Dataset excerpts
________________________

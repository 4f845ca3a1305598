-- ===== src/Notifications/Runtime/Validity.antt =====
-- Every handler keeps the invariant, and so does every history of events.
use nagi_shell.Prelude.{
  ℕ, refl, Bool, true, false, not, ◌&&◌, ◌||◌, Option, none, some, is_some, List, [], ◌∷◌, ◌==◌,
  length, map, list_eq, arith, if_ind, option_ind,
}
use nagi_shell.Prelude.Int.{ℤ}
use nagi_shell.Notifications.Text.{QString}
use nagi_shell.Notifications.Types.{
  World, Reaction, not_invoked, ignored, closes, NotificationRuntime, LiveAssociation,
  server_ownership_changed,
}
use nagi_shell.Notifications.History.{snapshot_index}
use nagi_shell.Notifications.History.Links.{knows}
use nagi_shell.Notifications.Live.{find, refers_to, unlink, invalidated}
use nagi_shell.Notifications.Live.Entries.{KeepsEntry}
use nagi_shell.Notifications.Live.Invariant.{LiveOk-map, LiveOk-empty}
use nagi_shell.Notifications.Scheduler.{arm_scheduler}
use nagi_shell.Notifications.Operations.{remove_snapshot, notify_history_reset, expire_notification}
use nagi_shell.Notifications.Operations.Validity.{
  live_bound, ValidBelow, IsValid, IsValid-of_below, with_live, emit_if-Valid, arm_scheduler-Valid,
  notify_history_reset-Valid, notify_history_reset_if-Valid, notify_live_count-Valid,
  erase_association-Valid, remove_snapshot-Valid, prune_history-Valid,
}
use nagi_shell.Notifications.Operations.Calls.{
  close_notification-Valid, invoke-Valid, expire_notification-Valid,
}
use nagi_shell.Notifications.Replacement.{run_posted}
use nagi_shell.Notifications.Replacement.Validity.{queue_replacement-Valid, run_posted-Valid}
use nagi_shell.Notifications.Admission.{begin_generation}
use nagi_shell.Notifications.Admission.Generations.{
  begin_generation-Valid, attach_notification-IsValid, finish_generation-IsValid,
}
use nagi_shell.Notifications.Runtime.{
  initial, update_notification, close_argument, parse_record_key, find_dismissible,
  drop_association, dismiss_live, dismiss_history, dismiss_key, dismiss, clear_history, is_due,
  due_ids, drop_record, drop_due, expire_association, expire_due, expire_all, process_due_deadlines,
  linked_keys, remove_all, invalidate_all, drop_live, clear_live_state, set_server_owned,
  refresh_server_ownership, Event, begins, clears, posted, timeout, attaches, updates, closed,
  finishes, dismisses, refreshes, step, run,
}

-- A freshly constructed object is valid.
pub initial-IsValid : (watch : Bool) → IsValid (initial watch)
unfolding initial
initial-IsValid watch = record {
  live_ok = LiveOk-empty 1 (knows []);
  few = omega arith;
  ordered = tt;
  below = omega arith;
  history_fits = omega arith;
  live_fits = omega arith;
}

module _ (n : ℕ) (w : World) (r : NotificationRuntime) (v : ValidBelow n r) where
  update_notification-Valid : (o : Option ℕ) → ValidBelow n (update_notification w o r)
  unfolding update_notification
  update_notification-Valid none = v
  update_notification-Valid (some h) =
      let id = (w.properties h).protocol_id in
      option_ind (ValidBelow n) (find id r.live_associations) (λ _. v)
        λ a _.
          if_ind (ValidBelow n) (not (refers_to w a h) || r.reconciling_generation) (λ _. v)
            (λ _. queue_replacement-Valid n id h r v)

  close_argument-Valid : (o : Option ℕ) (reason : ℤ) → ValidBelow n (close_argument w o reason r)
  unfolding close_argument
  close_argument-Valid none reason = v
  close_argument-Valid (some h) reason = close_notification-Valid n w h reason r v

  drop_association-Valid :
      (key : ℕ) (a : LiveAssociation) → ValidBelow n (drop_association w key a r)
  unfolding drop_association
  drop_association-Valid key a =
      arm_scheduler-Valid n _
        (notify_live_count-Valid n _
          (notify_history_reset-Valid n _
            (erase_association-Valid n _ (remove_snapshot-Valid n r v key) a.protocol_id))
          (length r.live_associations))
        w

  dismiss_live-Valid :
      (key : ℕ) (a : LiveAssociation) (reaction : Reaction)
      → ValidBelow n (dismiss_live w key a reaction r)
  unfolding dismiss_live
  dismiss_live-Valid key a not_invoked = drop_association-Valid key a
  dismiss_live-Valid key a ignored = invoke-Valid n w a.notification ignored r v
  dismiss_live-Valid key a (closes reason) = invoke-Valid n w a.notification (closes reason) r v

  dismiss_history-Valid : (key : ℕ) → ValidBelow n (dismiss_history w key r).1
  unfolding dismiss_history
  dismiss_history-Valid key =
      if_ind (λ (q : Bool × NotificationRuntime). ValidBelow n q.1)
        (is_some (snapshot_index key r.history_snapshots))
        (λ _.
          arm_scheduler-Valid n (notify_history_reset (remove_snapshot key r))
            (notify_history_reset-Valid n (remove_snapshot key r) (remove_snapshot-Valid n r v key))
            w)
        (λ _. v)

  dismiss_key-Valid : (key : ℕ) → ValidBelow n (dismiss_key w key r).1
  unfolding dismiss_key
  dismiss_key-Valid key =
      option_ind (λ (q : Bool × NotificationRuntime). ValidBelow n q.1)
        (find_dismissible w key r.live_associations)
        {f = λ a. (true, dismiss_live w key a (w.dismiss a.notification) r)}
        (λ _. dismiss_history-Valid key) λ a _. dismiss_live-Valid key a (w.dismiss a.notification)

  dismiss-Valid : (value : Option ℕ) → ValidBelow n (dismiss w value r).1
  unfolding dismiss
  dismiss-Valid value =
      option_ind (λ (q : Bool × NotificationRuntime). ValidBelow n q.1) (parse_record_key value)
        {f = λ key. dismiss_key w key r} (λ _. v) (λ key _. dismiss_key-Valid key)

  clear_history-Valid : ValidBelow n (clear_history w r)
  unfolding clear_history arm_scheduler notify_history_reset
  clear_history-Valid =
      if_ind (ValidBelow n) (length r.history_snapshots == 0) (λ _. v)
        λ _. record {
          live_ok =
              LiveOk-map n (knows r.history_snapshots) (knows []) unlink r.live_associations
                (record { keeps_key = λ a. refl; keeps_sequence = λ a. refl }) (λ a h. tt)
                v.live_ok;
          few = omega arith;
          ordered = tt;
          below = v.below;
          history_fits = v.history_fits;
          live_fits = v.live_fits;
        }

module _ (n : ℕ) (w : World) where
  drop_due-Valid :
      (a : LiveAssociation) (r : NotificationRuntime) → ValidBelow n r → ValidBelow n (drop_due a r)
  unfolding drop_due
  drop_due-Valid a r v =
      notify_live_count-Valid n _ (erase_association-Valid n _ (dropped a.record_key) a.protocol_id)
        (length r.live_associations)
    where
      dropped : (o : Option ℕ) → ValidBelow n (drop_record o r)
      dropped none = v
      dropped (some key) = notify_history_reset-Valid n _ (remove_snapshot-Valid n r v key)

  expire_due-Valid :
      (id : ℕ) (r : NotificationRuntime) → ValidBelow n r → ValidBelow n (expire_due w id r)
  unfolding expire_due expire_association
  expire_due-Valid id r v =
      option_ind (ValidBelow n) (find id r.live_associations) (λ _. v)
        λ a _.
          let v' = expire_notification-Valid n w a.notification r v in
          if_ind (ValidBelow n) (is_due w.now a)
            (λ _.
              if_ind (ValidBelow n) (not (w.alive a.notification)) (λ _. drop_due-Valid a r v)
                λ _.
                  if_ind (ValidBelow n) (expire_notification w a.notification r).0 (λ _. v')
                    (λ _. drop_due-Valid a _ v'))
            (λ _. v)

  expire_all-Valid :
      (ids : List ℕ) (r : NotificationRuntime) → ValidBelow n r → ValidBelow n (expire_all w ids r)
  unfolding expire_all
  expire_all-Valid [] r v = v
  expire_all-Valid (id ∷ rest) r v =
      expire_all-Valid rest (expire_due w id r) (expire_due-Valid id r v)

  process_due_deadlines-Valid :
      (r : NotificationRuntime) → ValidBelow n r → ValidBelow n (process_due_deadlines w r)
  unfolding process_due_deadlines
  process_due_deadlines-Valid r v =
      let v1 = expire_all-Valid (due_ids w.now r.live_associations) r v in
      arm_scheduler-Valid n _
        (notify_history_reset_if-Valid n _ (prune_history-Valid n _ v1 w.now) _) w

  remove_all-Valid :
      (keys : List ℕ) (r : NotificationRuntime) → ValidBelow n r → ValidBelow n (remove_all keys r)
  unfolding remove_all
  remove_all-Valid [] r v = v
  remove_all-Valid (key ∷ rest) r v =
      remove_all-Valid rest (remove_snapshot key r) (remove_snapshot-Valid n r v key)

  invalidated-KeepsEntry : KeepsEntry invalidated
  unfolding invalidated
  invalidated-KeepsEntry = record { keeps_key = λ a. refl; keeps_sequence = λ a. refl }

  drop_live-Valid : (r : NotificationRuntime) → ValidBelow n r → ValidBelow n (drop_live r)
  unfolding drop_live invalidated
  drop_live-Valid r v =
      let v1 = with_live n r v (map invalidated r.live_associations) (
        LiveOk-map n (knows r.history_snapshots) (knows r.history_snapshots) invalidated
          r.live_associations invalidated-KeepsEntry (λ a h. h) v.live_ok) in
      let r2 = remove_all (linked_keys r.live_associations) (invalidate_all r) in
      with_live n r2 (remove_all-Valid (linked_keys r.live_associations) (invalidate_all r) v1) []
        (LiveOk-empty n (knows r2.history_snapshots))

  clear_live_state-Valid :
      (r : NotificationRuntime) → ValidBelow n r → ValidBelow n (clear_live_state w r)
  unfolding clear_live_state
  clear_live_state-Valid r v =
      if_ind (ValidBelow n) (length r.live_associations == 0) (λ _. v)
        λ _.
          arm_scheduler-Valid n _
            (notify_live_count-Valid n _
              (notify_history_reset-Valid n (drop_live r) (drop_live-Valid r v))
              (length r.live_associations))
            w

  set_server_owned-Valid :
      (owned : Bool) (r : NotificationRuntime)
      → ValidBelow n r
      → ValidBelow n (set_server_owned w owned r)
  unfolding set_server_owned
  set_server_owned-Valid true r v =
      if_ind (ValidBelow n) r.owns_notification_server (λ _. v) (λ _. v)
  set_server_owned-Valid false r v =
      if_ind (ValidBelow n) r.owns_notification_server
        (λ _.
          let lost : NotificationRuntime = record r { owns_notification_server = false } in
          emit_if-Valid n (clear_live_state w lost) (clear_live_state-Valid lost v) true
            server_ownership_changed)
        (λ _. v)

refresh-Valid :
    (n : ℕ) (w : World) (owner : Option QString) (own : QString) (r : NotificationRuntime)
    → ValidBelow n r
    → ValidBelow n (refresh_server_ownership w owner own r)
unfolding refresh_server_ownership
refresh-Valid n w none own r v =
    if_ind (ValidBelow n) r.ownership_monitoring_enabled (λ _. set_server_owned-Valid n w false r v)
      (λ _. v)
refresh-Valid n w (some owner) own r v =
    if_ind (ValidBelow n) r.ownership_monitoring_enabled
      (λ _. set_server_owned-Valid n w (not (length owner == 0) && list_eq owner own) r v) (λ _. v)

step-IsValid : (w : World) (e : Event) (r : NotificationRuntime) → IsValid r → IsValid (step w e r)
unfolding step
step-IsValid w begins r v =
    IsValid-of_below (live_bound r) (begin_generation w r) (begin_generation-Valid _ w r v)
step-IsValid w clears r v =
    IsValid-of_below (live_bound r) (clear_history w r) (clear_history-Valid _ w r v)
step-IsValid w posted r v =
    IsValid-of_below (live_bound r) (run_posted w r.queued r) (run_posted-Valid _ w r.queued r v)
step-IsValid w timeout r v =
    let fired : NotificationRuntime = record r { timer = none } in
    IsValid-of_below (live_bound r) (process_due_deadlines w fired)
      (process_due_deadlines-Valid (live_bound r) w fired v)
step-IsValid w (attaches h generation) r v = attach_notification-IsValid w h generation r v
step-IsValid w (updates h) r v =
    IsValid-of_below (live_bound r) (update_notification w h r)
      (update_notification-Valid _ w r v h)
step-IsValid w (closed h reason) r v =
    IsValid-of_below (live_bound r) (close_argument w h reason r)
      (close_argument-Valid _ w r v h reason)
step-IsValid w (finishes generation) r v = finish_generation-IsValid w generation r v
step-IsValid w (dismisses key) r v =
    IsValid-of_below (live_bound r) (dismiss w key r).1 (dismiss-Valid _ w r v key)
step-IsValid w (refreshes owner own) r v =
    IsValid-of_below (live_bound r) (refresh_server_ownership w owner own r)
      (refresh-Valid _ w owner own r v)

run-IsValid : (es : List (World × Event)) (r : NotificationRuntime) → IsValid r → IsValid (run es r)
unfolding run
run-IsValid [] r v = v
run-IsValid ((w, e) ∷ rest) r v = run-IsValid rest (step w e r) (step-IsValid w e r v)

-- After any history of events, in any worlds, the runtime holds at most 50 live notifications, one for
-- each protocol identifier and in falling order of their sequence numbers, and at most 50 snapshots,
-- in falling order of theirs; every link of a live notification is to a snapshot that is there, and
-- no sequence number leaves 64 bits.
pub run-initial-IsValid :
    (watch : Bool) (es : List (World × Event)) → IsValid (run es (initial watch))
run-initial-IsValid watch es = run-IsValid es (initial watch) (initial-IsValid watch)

________________________

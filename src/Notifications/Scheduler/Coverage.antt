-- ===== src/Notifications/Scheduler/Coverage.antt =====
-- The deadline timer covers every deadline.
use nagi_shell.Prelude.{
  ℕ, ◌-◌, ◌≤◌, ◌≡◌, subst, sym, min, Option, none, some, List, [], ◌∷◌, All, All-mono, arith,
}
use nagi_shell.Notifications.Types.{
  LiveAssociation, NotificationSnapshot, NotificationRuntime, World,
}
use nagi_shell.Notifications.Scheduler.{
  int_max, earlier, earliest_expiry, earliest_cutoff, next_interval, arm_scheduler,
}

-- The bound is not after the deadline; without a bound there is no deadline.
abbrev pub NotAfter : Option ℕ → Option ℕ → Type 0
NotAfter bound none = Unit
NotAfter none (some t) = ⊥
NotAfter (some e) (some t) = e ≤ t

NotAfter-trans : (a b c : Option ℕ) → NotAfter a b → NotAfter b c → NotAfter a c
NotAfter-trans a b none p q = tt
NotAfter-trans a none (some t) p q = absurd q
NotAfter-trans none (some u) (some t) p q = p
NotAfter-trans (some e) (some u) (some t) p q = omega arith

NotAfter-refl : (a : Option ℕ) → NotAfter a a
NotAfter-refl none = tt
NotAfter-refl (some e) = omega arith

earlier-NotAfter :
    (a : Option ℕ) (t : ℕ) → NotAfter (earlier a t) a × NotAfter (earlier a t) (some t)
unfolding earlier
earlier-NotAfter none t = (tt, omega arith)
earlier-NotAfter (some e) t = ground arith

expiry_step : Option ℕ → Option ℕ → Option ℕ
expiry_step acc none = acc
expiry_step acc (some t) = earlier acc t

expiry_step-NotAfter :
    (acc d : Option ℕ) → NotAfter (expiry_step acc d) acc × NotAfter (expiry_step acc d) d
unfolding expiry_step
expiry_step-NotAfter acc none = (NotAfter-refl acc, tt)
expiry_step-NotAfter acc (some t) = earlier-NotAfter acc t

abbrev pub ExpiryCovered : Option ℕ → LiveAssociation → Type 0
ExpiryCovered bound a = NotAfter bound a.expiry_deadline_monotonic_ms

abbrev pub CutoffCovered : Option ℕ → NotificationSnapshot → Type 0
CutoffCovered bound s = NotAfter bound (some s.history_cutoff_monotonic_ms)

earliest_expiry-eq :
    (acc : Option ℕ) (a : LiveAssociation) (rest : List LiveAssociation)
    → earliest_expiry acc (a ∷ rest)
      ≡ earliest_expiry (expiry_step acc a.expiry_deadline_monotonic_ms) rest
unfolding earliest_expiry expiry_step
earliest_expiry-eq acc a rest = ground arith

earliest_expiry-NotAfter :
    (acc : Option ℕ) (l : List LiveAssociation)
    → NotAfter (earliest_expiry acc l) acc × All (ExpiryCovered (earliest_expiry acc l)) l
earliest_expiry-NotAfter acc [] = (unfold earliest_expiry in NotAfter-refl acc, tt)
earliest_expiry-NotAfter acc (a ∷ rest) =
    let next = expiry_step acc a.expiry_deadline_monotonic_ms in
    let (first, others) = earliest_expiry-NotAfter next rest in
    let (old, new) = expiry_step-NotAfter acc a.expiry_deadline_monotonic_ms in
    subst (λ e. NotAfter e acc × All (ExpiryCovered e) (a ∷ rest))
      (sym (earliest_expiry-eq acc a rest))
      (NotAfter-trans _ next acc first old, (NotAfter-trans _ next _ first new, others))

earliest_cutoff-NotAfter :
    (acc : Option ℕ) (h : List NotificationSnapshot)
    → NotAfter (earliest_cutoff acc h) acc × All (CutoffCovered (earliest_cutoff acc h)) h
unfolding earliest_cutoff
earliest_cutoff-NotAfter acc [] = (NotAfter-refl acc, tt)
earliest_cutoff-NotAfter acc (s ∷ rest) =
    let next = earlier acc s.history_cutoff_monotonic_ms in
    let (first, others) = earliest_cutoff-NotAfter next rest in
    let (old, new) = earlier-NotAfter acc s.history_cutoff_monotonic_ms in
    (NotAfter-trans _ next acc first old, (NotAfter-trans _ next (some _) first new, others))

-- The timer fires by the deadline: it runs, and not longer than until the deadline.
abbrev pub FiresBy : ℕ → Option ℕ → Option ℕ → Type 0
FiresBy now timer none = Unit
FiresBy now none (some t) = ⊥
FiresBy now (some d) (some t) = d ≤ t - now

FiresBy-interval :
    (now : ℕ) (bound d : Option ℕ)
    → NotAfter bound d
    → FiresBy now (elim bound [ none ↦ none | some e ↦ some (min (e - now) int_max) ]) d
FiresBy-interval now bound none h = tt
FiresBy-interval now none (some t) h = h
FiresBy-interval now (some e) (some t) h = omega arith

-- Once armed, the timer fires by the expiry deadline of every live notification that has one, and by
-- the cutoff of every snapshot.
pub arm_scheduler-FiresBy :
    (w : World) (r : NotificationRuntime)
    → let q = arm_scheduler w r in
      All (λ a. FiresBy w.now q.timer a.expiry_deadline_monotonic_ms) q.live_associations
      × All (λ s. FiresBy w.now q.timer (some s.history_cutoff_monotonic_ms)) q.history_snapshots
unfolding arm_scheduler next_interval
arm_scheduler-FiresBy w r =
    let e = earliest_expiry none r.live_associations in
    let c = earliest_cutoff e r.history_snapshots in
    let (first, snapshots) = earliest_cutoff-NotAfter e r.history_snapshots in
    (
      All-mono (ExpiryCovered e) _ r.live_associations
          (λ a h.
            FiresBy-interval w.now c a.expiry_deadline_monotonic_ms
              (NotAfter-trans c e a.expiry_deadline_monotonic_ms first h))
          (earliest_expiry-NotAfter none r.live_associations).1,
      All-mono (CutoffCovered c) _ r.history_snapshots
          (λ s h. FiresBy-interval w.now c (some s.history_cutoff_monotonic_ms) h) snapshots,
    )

________________________

» **Problem to work on**
Tell how many lines of the records above hold "events", giving the number and nothing else.

» **Answer space**
2